Stored data

:::::

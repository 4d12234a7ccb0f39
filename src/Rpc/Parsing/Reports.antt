-- ===== src/Rpc/Parsing/Reports.antt =====
-- What the JSON answers of Bitcoin Core that crates/cory-core/src/rpc/http_adapter reads say of a
-- chain of transactions.
use cory.Base.{ℕ, ◌≡◌, false, Option, none, some, List, ◌⊎◌, inr, Each}
use cory.Base.Text.{Text, text}
use cory.Types.{Txid, Amount, Script, OutPoint, TxOutput, TxNode}
use cory.Enrich.{classify_script}
use cory.Graph.Chain.{Chain, FundedBy, funding_output, prevouts}
use cory.Rpc.Json.{JsonValue, BitcoinTypes, number, string}
use cory.Rpc.Client.Methods.{getrawtransaction, gettxout}

module _ {V F : Type 0} (js : JsonValue V F) (bt : BitcoinTypes F) where
  -- A number or a string that stands for the amount.
  abbrev pub ShowsAmount : V → Amount → Type 0
  ShowsAmount v a =
      ((f : F) × (js.view v ≡ number (some f)) × (bt.amount_of_float f ≡ inr a))
      ⊎ ((s : Text) × (js.view v ≡ string s) × (bt.amount_of_text s ≡ inr a))

  -- An object whose field `hex` is the script.
  abbrev pub ShowsScript : V → Script → Type 0
  ShowsScript spk script =
      (h : V) × (s : Text) × (js.get (text "hex") spk ≡ some h)
      × (js.as_str h ≡ some s)
      × (bt.script_from_hex s ≡ inr script)

  -- A string that is the txid.
  abbrev pub ShowsTxid : V → Txid → Type 0
  ShowsTxid v txid = (s : Text) × (js.as_str v ≡ some s) × (bt.parse_txid s ≡ inr txid)

  -- Whatever amount and script the two values stand for, the output has.
  pub record ReportsOutput (value spk : V) (o : TxOutput) : Type 0 where
    pub amount : (a : Amount) → ShowsAmount value a → o.value ≡ a
    pub script : (s : Script) → ShowsScript spk s → o.script_pub_key ≡ s
    pub kind : o.script_type ≡ classify_script bt.tests o.script_pub_key

  -- An element of `vout`.
  abbrev pub ReportsVout : V → TxOutput → Type 0
  ReportsVout raw o =
      (v spk : V)
      → js.get (text "value") raw ≡ some v
      → js.get (text "scriptPubKey") raw ≡ some spk
      → ReportsOutput v spk o

  module _ (chain : Chain) where
    -- An element of `vin`, of an input that spends `prevout`.
    pub record ReportsVin (raw : V) (prevout : Option OutPoint) : Type 0 where
      pub coinbase : (c : V) → js.get (text "coinbase") raw ≡ some c → prevout ≡ none
      pub spends :
          js.get (text "coinbase") raw ≡ none
          → (t v : V) (txid : Txid) (vout : ℕ) → js.get (text "txid") raw ≡ some t
          → ShowsTxid t txid
          → js.get (text "vout") raw ≡ some v
          → js.as_u64 v ≡ some vout
          → prevout ≡ some (record { txid = txid; vout = vout })
      pub value :
          (p v : V) (a : Amount)
          → js.get (text "prevout") raw ≡ some p
          → js.get (text "value") p ≡ some v
          → ShowsAmount v a
          → FundedBy chain prevout (λ o. o.value ≡ a)
      pub script :
          (p spk : V) (s : Script)
          → js.get (text "prevout") raw ≡ some p
          → js.get (text "scriptPubKey") p ≡ some spk
          → ShowsScript spk s
          → FundedBy chain prevout (λ o. o.script_type ≡ classify_script bt.tests s)

    -- An answer to getrawtransaction.
    pub record ReportsTx (txid : Txid) (raw : V) : Type 0 where
      pub original : TxNode
      pub known : chain txid ≡ some original
      pub id : (v : V) (t : Txid) → js.get (text "txid") raw ≡ some v → ShowsTxid v t → t ≡ txid
      pub inputs :
          (v : V) (vin : List V)
          → js.get (text "vin") raw ≡ some v
          → js.as_array v ≡ some vin
          → Each ReportsVin vin (prevouts original.inputs)
      pub outputs :
          (v : V) (vout : List V)
          → js.get (text "vout") raw ≡ some v
          → js.as_array v ≡ some vout
          → Each ReportsVout vout original.outputs

    -- An answer to gettxout: null, or what it says is the output.
    abbrev pub ReportsTxOut : OutPoint → V → Type 0
    ReportsTxOut op raw =
        (v spk : V)
        → js.is_null raw ≡ false
        → js.read_tx_out raw ≡ inr (v, spk)
        → (o : TxOutput) × (funding_output chain op ≡ some o) × ReportsOutput v spk o

    -- What a result says of the call that it answers.
    pub record Reports (call : Text × List V) (raw : V) : Type 0 where
      pub tx : (txid : Txid) → call ≡ getrawtransaction js bt txid → ReportsTx txid raw
      pub tx_out : (op : OutPoint) → call ≡ gettxout js bt op.txid op.vout → ReportsTxOut op raw
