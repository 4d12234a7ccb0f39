-- ===== src/Rpc/Parsing/Readings.antt =====
-- What the functions of crates/cory-core/src/rpc/http_adapter/parsing.rs return stands in the JSON
-- value that they read.
use cory.Base.{
  ℕ, ◌≡◌, refl, ◌∙◌, ap, true, false, Option, none, some, List, [], ◌∷◌, ◌++◌, ◌⊎◌, inl, inr, Each,
  arith, Bool-cases,
}
use cory.Base.Text.{Text, text}
use cory.Error.{pos, Result, ok, err, ◌>>=◌, passed}
use cory.Types.{Txid, Amount, Script, ScriptType, TxOutput}
use cory.Enrich.{classify_script}
use cory.Rpc.Json.{JsonValue, BitcoinTypes, ValueView, number, string, other}
use cory.Rpc.Parsing.{
  Integer, required, checked, and_then, ok_of, try_map, parse_integer_required, parse_txid,
  parse_btc_amount, parse_script_pubkey_from_json, script_from_hex, parse_vout, parse_output,
  parse_viewed, with_number, converted, missing_or_none, pos_of, in_range, type_of, output_with,
}
use cory.Rpc.Parsing.Reports.{ShowsAmount, ShowsScript, ShowsTxid, ReportsOutput, ReportsVout}

pub required-ok :
    {A : Type 0} (message : Text) (o : Option A) (a : A) → required message o ≡ ok a → o ≡ some a
required-ok message none a h = cc h
required-ok message (some b) a h = cc h

pub checked-ok :
    {A : Type 0} (prefix : Text) (r : Text ⊎ A) (a : A) → checked prefix r ≡ ok a → r ≡ inr a
checked-ok prefix (inl message) a h = cc h
checked-ok prefix (inr b) a h = cc h

pub and_then-some :
    {A B : Type 0} (o : Option A) (f : A → Option B) (b : B)
    → and_then o f ≡ some b
    → (a : A) × (o ≡ some a) × (f a ≡ some b)
and_then-some none f b h = cc h
and_then-some (some a) f b h = (a, refl, h)

pub ok_of-some : {A : Type 0} (r : Result A) (a : A) → ok_of r ≡ some a → r ≡ ok a
ok_of-some (ok b) a h = cc h
ok_of-some (err e) a h = cc h

with_number-pos :
    (T : Integer) (field : Text) (o : Option ℕ) (n : ℕ)
    → (with_number T true field (pos_of o) >>= required (text "missing " ++ field)) ≡ ok n
    → o ≡ some n
unfolding with_number missing_or_none converted
with_number-pos T field none n h = cc h
with_number-pos T field (some m) n h = elim (Bool-cases (in_range T (pos m))) [
  | inl fits ↦ ap some (cc (rw fits at h))
  | inr over ↦ absurd (cc (rw over at h))
]

abbrev pub hex_message : Text
hex_message = text "invalid scriptPubKey hex: "

module _ {V F : Type 0} (js : JsonValue V F) (bt : BitcoinTypes F) where
  pub parse_txid-Shows :
      (value : Option V) (field : Text) (t : Txid)
      → parse_txid js bt value field ≡ ok t
      → (v : V) × (value ≡ some v) × ShowsTxid js bt v t
  unfolding parse_txid
  parse_txid-Shows value field t h =
      let (s, e, parsed) = passed _ _ h in
      let (v, at, is_text) = and_then-some value js.as_str s (required-ok _ _ s e) in
      (v, at, (s, is_text, checked-ok (text "invalid " ++ field ++ text ": ") _ t parsed))

  viewed-Shows :
      (v : V) (view : ValueView F) (a : Amount)
      → js.view v ≡ view
      → parse_viewed js bt v view ≡ ok a
      → ShowsAmount js bt v a
  unfolding parse_viewed
  viewed-Shows v (number n) a seen h =
      let (f, e, parsed) = passed _ (required _ n) h in
      inl (
        f,
        seen ∙ ap number (required-ok _ n f e),
        checked-ok (text "invalid BTC amount `" ++ js.show v ++ text "`: ") _ a parsed,
      )
  viewed-Shows v (string s) a seen h =
      inr (s, seen, checked-ok (text "invalid BTC amount `" ++ s ++ text "`: ") _ a h)
  viewed-Shows v other a seen h = cc h

  pub parse_btc_amount-Shows :
      (v : V) (a : Amount) → parse_btc_amount js bt v ≡ ok a → ShowsAmount js bt v a
  unfolding parse_btc_amount
  parse_btc_amount-Shows v a h = viewed-Shows v (js.view v) a refl h

  pub parse_script-Shows :
      (spk : V) (s : Script)
      → parse_script_pubkey_from_json js bt spk ≡ ok s
      → ShowsScript js bt spk s
  unfolding parse_script_pubkey_from_json script_from_hex
  parse_script-Shows spk s h =
      let (hex_str, e, parsed) = passed _ _ h in
      let (v, at, is_text) =
        and_then-some (js.get (text "hex") spk) js.as_str hex_str (required-ok _ _ hex_str e) in
      (v, hex_str, at, is_text, checked-ok (text "invalid scriptPubKey hex: ") _ s parsed)

  -- An output of this amount and script is the one that is reported.
  pub output_with-same :
      (v spk : V) (a : Amount) (s : Script) (o : TxOutput)
      → ShowsAmount js bt v a
      → ShowsScript js bt spk s
      → ReportsOutput js bt v spk o
      → output_with js bt a s ≡ o
  output_with-same v spk a s o amount script r =
      ground (arith, r.amount a amount, r.script s script, r.kind)

  parse_output-same :
      (raw : V) (parsed o : TxOutput)
      → parse_output js bt raw ≡ ok parsed
      → ReportsVout js bt raw o
      → parsed ≡ o
  unfolding parse_output
  parse_output-same raw parsed o h reports =
      let (v, at_v, h₁) = passed _ (required _ (js.get (text "value") raw)) h in
      let (a, amount, h₂) = passed _ (parse_btc_amount js bt v) h₁ in
      let (spk, at_spk, h₃) = passed _ (required _ (js.get (text "scriptPubKey") raw)) h₂ in
      let (s, script, h₄) = passed _ (parse_script_pubkey_from_json js bt spk) h₃ in
      cc (
        h₄,
        output_with-same v spk a s o (parse_btc_amount-Shows v a amount)
            (parse_script-Shows spk s script)
            (reports v spk (required-ok _ _ v at_v) (required-ok _ _ spk at_spk)),
      )

  pub parse_vout-same :
      (vout : List V) (parsed original : List TxOutput)
      → parse_vout js bt vout ≡ ok parsed
      → Each (ReportsVout js bt) vout original
      → parsed ≡ original
  unfolding parse_vout
  parse_vout-same [] parsed [] h reports = cc h
  parse_vout-same [] parsed (o ∷ original) h reports = absurd reports
  parse_vout-same (raw ∷ vout) parsed [] h reports = absurd reports
  parse_vout-same (raw ∷ vout) parsed (o ∷ original) h reports =
      let (p, first, h₁) = passed _ (parse_output js bt raw) h in
      let (ps, others, h₂) = passed _ (try_map (parse_output js bt) vout) h₁ in
      cc (
        h₂,
        parse_output-same raw p o first reports.0,
        parse_vout-same vout ps original others reports.1,
      )

  -- An optional integer that is required, where it is not negative.
  pub parse_integer_required-u64 :
      (T : Integer) (value : Option V) (field : Text) (n : ℕ)
      → parse_integer_required js T false value field ≡ ok n
      → (v : V) × (value ≡ some v) × (js.as_u64 v ≡ some n)
  unfolding parse_integer_required
  parse_integer_required-u64 T none field n h = cc h
  parse_integer_required-u64 T (some v) field n h =
      (v, refl, with_number-pos T field (js.as_u64 v) n h)

  pub type_of-some :
      (o : Option Script) (k : ScriptType)
      → type_of js bt o ≡ some k
      → (s : Script) × (o ≡ some s) × (classify_script bt.tests s ≡ k)
  type_of-some none k h = cc h
  type_of-some (some s) k h = (s, refl, cc h)
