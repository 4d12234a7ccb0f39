-- ===== src/Rpc/Parsing/Inputs.antt =====
-- The inputs that crates/cory-core/src/rpc/http_adapter/parsing.rs reads (parse_vin), and the answers
-- of gettxout, against what the JSON values report of a chain.
use cory.Base.{
  ◌≡◌, refl, sym, ◌∙◌, ap, ap₂, subst, Bool, true, false, Option, some, List, [], ◌∷◌, inl, inr,
  Each, All, Option-cases, Bool-cases,
}
use cory.Base.Text.{text}
use cory.Error.{ok, passed, ok-injective}
use cory.Types.{OutPoint, TxInput, TxOutput, is_some}
use cory.Graph.Chain.{Chain, FundedBy, InputFaithful, AnswersOut, funding_output, prevouts}
use cory.Rpc.Json.{JsonValue, BitcoinTypes}
use cory.Rpc.Parsing.{
  Integer, checked, try_map, parse_integer_required, parse_txid, parse_btc_amount,
  parse_script_pubkey_from_json, script_from_hex, parse_gettxout_result, parse_present, parse_vin,
  parse_input, parse_prevout, prevout_value, prevout_script, type_of,
}
use cory.Rpc.Parsing.Reports.{ReportsOutput, ReportsVin, ReportsTxOut}
use cory.Rpc.Parsing.Readings.{
  checked-ok, and_then-some, ok_of-some, hex_message, parse_txid-Shows, parse_btc_amount-Shows,
  parse_script-Shows, output_with-same, parse_integer_required-u64, type_of-some,
}

module _ {V F : Type 0} (js : JsonValue V F) (bt : BitcoinTypes F) (chain : Chain) where
  -- What parse_input says of the output spent is what is reported.
  prevout-faithful :
      (raw : V) (prevout : Option OutPoint) (input : TxInput)
      → ReportsVin js bt chain raw prevout
      → input.prevout ≡ prevout
      → input.value ≡ prevout_value js bt raw
      → input.script_type ≡ type_of js bt (prevout_script js bt raw)
      → InputFaithful chain input
  unfolding script_from_hex
  prevout-faithful raw prevout input r spent is_value is_type = record {
    value = λ a e.
        let (p, at_p, e₁) = and_then-some (js.get (text "prevout") raw) _ a (sym is_value ∙ e) in
        let (v, at_v, e₂) = and_then-some (js.get (text "value") p) _ a e₁ in
        subst (λ o. FundedBy chain o (λ x. x.value ≡ a)) (sym spent)
          (r.value p v a at_p at_v (parse_btc_amount-Shows js bt v a (ok_of-some _ a e₂)));
    script_type = λ k e.
        let (s, at_s, same) = type_of-some js bt (prevout_script js bt raw) k (sym is_type ∙ e) in
        let (p, at_p, e₁) = and_then-some (js.get (text "prevout") raw) _ s at_s in
        let (spk, at_spk, e₂) = and_then-some (js.get (text "scriptPubKey") p) _ s e₁ in
        let (h, at_h, e₃) = and_then-some (js.get (text "hex") spk) _ s e₂ in
        let (hex, is_text, e₄) = and_then-some (js.as_str h) _ s e₃ in
        let shown = checked-ok hex_message (bt.script_from_hex hex) s (ok_of-some _ s e₄) in
        let funded = r.script p spk s at_p at_spk (h, hex, at_h, is_text, shown) in
        subst (λ o. FundedBy chain o (λ x. x.script_type ≡ k)) (sym spent)
          (subst (λ t. FundedBy chain prevout (λ x. x.script_type ≡ t)) same funded);
  }

  parse_prevout-same :
      (raw : V) (is_coinbase : Bool) (parsed prevout : Option OutPoint)
      → is_some (js.get (text "coinbase") raw) ≡ is_coinbase
      → parse_prevout js bt is_coinbase raw ≡ ok parsed
      → ReportsVin js bt chain raw prevout
      → parsed ≡ prevout
  unfolding parse_prevout
  parse_prevout-same raw true parsed prevout key h r =
      elim (Option-cases (js.get (text "coinbase") raw)) [
        | inl missing ↦ absurd (cc (rw missing at key))
        | inr (c, found) ↦ cc (h, r.coinbase c found)
      ]
  parse_prevout-same raw false parsed prevout key h r =
      elim (Option-cases (js.get (text "coinbase") raw)) [
        | inl missing ↦
            let (txid, is_txid, h₁) = passed _ (parse_txid js bt (js.get (text "txid") raw) _) h in
            let (vout, is_vout, h₂) =
              passed _ (parse_integer_required js Integer.u32 false (js.get (text "vout") raw) _)
                h₁ in
            let (t, at_t, shows) =
              parse_txid-Shows js bt (js.get (text "txid") raw) _ txid is_txid in
            let (v, at_v, number_v) =
              parse_integer_required-u64 js bt Integer.u32 (js.get (text "vout") raw)
                (text "vin.vout") vout is_vout in
            cc (h₂, r.spends missing t v txid vout at_t shows at_v number_v)
        | inr (c, found) ↦ absurd (cc (rw found at key))
      ]

  parse_input-faithful :
      (raw : V) (prevout : Option OutPoint) (input : TxInput)
      → parse_input js bt raw ≡ ok input
      → ReportsVin js bt chain raw prevout
      → (input.prevout ≡ prevout) × InputFaithful chain input
  unfolding parse_input
  parse_input-faithful raw prevout input h r =
      let (sequence, is_sequence, h₁) =
        passed _ (parse_integer_required js Integer.u32 false (js.get (text "sequence") raw) _) h in
      let (op, is_op, h₂) = passed _ (parse_prevout js bt _ raw) h₁ in
      let same = parse_prevout-same raw _ op prevout refl is_op r in
      let made = sym (ok-injective h₂) in
      let spent : input.prevout ≡ prevout = ap (λ (i : TxInput). i.prevout) made ∙ same in
      (
        spent,
        prevout-faithful raw prevout input r spent (ap (λ (i : TxInput). i.value) made)
            (ap (λ (i : TxInput). i.script_type) made),
      )

  pub parse_vin-faithful :
      (vin : List V) (ops : List (Option OutPoint)) (parsed : List TxInput)
      → parse_vin js bt vin ≡ ok parsed
      → Each (ReportsVin js bt chain) vin ops
      → (prevouts parsed ≡ ops) × All (InputFaithful chain) parsed
  unfolding parse_vin
  parse_vin-faithful [] [] parsed h reports =
      subst (λ l. (prevouts l ≡ []) × All (InputFaithful chain) l) (ok-injective h) (refl, tt)
  parse_vin-faithful [] (op ∷ ops) parsed h reports = absurd reports
  parse_vin-faithful (raw ∷ vin) [] parsed h reports = absurd reports
  parse_vin-faithful (raw ∷ vin) (op ∷ ops) parsed h reports =
      let (i, first, h₁) = passed _ (parse_input js bt raw) h in
      let (is, others, h₂) = passed _ (try_map (parse_input js bt) vin) h₁ in
      let (same, faithful) = parse_input-faithful raw op i first reports.0 in
      let (sames, faithfuls) = parse_vin-faithful vin ops is others reports.1 in
      subst (λ l. (prevouts l ≡ op ∷ ops) × All (InputFaithful chain) l) (ok-injective h₂)
        (ap₂ (◌∷◌) same sames, (faithful, faithfuls))

  present-AnswersOut :
      (op : OutPoint) (raw : V) (answer : Option TxOutput)
      → parse_present js bt raw ≡ ok answer
      → ((v spk : V)
          → js.read_tx_out raw ≡ inr (v, spk)
          → (o : TxOutput) × (funding_output chain op ≡ some o) × ReportsOutput js bt v spk o)
      → AnswersOut chain op answer
  unfolding parse_present
  present-AnswersOut op raw answer h reports o found =
      let (response, is_response, h₁) =
        passed _ (checked (text "invalid gettxout result: ") (js.read_tx_out raw)) h in
      let (a, amount, h₂) = passed _ (parse_btc_amount js bt response.0) h₁ in
      let (s, script, h₃) = passed _ (parse_script_pubkey_from_json js bt response.1) h₂ in
      let read =
        checked-ok (text "invalid gettxout result: ") (js.read_tx_out raw) response is_response in
      let (funding, known, shows) = reports response.0 response.1 read in
      let same =
        output_with-same js bt response.0 response.1 a s funding
          (parse_btc_amount-Shows js bt response.0 a amount)
          (parse_script-Shows js bt response.1 s script) shows in
      known ∙ ap some (sym same) ∙ ok-injective h₃ ∙ found

  pub parse_gettxout_result-AnswersOut :
      (op : OutPoint) (raw : V) (answer : Option TxOutput)
      → parse_gettxout_result js bt raw ≡ ok answer
      → ReportsTxOut js bt chain op raw
      → AnswersOut chain op answer
  unfolding parse_gettxout_result
  parse_gettxout_result-AnswersOut op raw answer h reports o found =
      elim (Bool-cases (js.is_null raw)) [
        | inl nothing ↦ absurd (cc (rw nothing at h))
        | inr there ↦
            present-AnswersOut op raw answer (rw there at h) (λ v spk. reports v spk there) o found
      ]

:::::

Task description
Please copy exactly the lines from the first line of the records above through the line containing "-- chain of transactions.", including both, and nothing more.

Task result
repository 4d12234a7ccb0f39
filename src/Rpc/Parsing/Reports.antt
-- ===== src/Rpc/Parsing/Reports.antt =====
-- What the JSON answers of Bitcoin Core that crates/cory-core/src/rpc/http_adapter reads say of a
-- chain of transactions.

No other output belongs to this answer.